Late at night when the city is dark and empty, the street lights cast long, quiet shadows on our sidewalks and buildings.  Most people are home in their beds adhering to curfew. But not the San Francisco Night Chalker.   He sees canvases, and lots of them.

No concrete is safe!  No dark alley, facade or fairway can hide from the limestone will of San Francisco’s Night Chalker.

It’s not often you see street art that asks us to think about space around us a bit differently.  In a pandemic, and a city full of freshly empty spaces, artist Tusk 1 found heartening ways to fill those dark corners with his own cast of characters.   Our city has 25,000 street lights, beaming down on surfaces each night, it takes an artist’s eye to see the potential fun in them.

Portrait of the artist, Tusk 1.

Meet San Francisco’s Night Chalker, we call him ‘Ben’, you can call him Tusk1, an artist you should know…

Artist Name: Tusk1

Instagram: @Tusk1_

Medium(s):  Chalk, paint, ink.

Why do you use chalk…at night, who is the San Francisco Night Chalker? 

After the lockdown started last year, I started going out on a lot of bike rides at night to get out of the house after working from home all day. Then one night, I saw an interesting shadow cast from an LED street light and came back the next night to draw something. What I find interesting about working with shadows at night is that they never move, which gives the pieces a dual life because during the daytime the pieces look very different without the confines of their shadows.


All Photography by @Tusk1_


The medium that made the most sense for these drawings ended up being chalk. I actually love working with it. Depending on the surface quality, it can produce some really smooth buttery lines and has a great feel to it when drawing quickly. I also love it’s extreme impermanence. Some of the pieces I do only last a single night before the rain washes them away or they are removed. Sometimes the only person who sees my work is me and that feels special in it’s own right, as it’s really about the process. 

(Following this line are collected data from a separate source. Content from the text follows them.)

-- ===== src/Server/Http.antt =====
-- server/src/main.rs: the handlers of accounts and keys, and the check of a request. A handler takes what
-- serde makes of its body, and answers a status with the value that serde writes out.
pub mod Handlers
pub mod Login
pub mod Requests
pub mod Memories
pub mod Configure
pub mod Admin
pub mod Routes
pub mod BadRequest
use memoria_mcp.Prelude.{
  is_some_and, ℕ, ◌+◌, ◌-◌, ◌^◌, String, Bool, true, false, not, ◌&&◌, ◌||◌, Option, none, some,
  List, [], ◌∷◌, find, any, map, if◌then◌else◌, Result, ok, err, ◌>>=◌, ◌==◌, format, eqb,
}
use memoria_mcp.Prelude.Text.{is_empty, trim_matches}
use memoria_mcp.Server.Ascii.{eq_ignore_ascii_case, strip_prefix, parse_unsigned}
use memoria_mcp.Server.Bytes.{constant_time_eq}
use memoria_mcp.Server.Crypto.{Primitives, Claims, decode_jwt, sha256_hex}
use memoria_mcp.Server.Auth.{
  AuthStore, Host, User, Role, admin, find_active_api_key_by_hash, find_user_by_id,
}
use Prim.Native.Char.{Char}

abbrev pub Headers : Type 0
Headers = List (String × String)

unfoldable pub find_header : Headers → String → Option String
unfolding eq_ignore_ascii_case
find_header headers name = elim (find (λ h. eq_ignore_ascii_case h.0 name) headers) [
  | none ↦ none
  | some h ↦ some h.1
]

unfoldable pub bearer_token : Headers → Option String
unfolding find_header strip_prefix
bearer_token headers = elim (find_header headers "authorization") [
  | none ↦ none
  | some value ↦ strip_prefix "Bearer " value
]

abbrev pub refusal : String
refusal =
    "refusing to start: no MEMORIA_API_KEY configured and MEMORIA_ALLOW_NO_AUTH=1 not set (ADR-14)"

abbrev without_key : Option String → Result String (Option String)
without_key none = err refusal
without_key (some flag) = if flag == "1" then ok none else err refusal

unfoldable pub resolve_auth_config : Option String → Option String → Result String (Option String)
resolve_auth_config none allow_no_auth_env = without_key allow_no_auth_env
resolve_auth_config (some key) allow_no_auth_env =
    if not (is_empty key) then ok (some key) else without_key allow_no_auth_env

module _ (crypto : Primitives) (jwt_secret : List ℕ) where
  -- `now` is the clock's reading, if it is read.
  unfoldable pub token_is_accepted : String → String → ℕ → Bool
  token_is_accepted admin_key token now =
      if constant_time_eq (crypto.as_bytes token) (crypto.as_bytes admin_key)
      then true
      else elim (decode_jwt crypto token jwt_secret now) [ ok _ ↦ true | err _ ↦ false ]

  unfoldable pub key_is_accepted : AuthStore → String → Bool
  key_is_accepted s key =
      elim (find_active_api_key_by_hash (sha256_hex crypto (crypto.as_bytes key)) s) [
        | none ↦ false
        | some _ ↦ true
      ]

  unfoldable pub is_authorized : Option String → AuthStore → ℕ → Headers → Bool
  is_authorized none s now headers = true
  is_authorized (some admin_key) s now headers =
      is_some_and (bearer_token headers) (λ token. token_is_accepted admin_key token now)
      || is_some_and (find_header headers "x-api-key") (key_is_accepted s)

  unfoldable pub current_user_from_headers : AuthStore → ℕ → Headers → Option User
  current_user_from_headers s now headers = elim (bearer_token headers) [
    | none ↦ none
    | some token ↦ elim (decode_jwt crypto token jwt_secret now) [
      | err _ ↦ none
      | ok claims ↦ elim claims.sub [ none ↦ none | some sub ↦ find_user_by_id sub s ]
    ]
  ]

  abbrev pub is_admin : User → Bool
  is_admin u = elim u.role [ admin ↦ true | Role.user ↦ false ]

  abbrev pub has_admin_key : Option String → Headers → Bool
  has_admin_key none headers = false
  has_admin_key (some admin_key) headers =
      is_some_and (bearer_token headers)
        (λ token. constant_time_eq (crypto.as_bytes token) (crypto.as_bytes admin_key))

  unfoldable pub caller_is_admin : Option String → AuthStore → ℕ → Headers → Bool
  caller_is_admin admin_key s now headers =
      if has_admin_key admin_key headers
      then true
      else is_some_and (current_user_from_headers s now headers) is_admin

unfoldable pub validate_cors_origin : Option String → Result String (Option String)
validate_cors_origin none = ok none
validate_cors_origin (some origin) =
    if origin == "*"
    then err
        "MEMORIA_CORS_ORIGIN must not be \"*\" -- CORS is restricted to exactly one configured origin, never a wildcard (see ADR-17)"
    else ok (some origin)

unfoldable pub resolve_cors_origin : Option String → Option String
resolve_cors_origin none = none
resolve_cors_origin (some origin) = if not (is_empty origin) then some origin else none

unfoldable pub cors_allow_origin_header : Option String → Option String → Option (String × String)
cors_allow_origin_header none request_origin = none
cors_allow_origin_header (some configured) none = none
cors_allow_origin_header (some configured) (some request_origin) =
    if configured == request_origin then some ("Access-Control-Allow-Origin", configured) else none

pub record EngineLimits : Type 0 where
  pub top_k : ℕ
  pub content_bytes : ℕ
  pub metadata_bytes : ℕ

abbrev pub usize_max : ℕ
usize_max = 2 ^ 64 - 1

-- `debug` is `{raw:?}`, and `is_whitespace` what `trim` removes.
module _ (debug : String → String) (is_whitespace : Char → Bool) where
  unfoldable pub parse_positive_limit : String → Option String → ℕ → Result String ℕ
  parse_positive_limit name none default = ok default
  parse_positive_limit name (some raw) default =
      elim (parse_unsigned usize_max (trim_matches is_whitespace raw)) [
        | none ↦ err (format (name ∷ " must be a positive integer, got " ∷ debug raw ∷ []))
        | some parsed ↦
            if eqb parsed 0
            then err (format (name ∷ " must be greater than zero" ∷ []))
            else ok parsed
      ]

  unfoldable pub resolve_engine_limits :
      Option String → Option String → Option String → Result String EngineLimits
  resolve_engine_limits max_top_k max_content_bytes max_metadata_bytes = do
    top_k ← parse_positive_limit "MEMORIA_MAX_TOP_K" max_top_k 1000
    content_bytes ← parse_positive_limit "MEMORIA_MAX_CONTENT_BYTES" max_content_bytes 1048576
    metadata_bytes ← parse_positive_limit "MEMORIA_MAX_METADATA_BYTES" max_metadata_bytes 8192
    ok (record { top_k = top_k; content_bytes = content_bytes; metadata_bytes = metadata_bytes })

What’s your most recent favorite project?

It probably has to be the first mural I painted after the lockdown. With all the boarded up storefronts in our area, I wanted to bring some color and contribute something that felt genuine. I had something planned out in the sketchbook but when I saw the space I decided to scrap the plan and just do something freestyle in the moment. A lot of my work attempts to show how vastly different every human is and how we all share certain traits as a species. There’s often an element of connection and what happens when our lives overlap with other people’s lives. 

You do storefronts?  I do, and it’s something that I’d love to spend more time doing. 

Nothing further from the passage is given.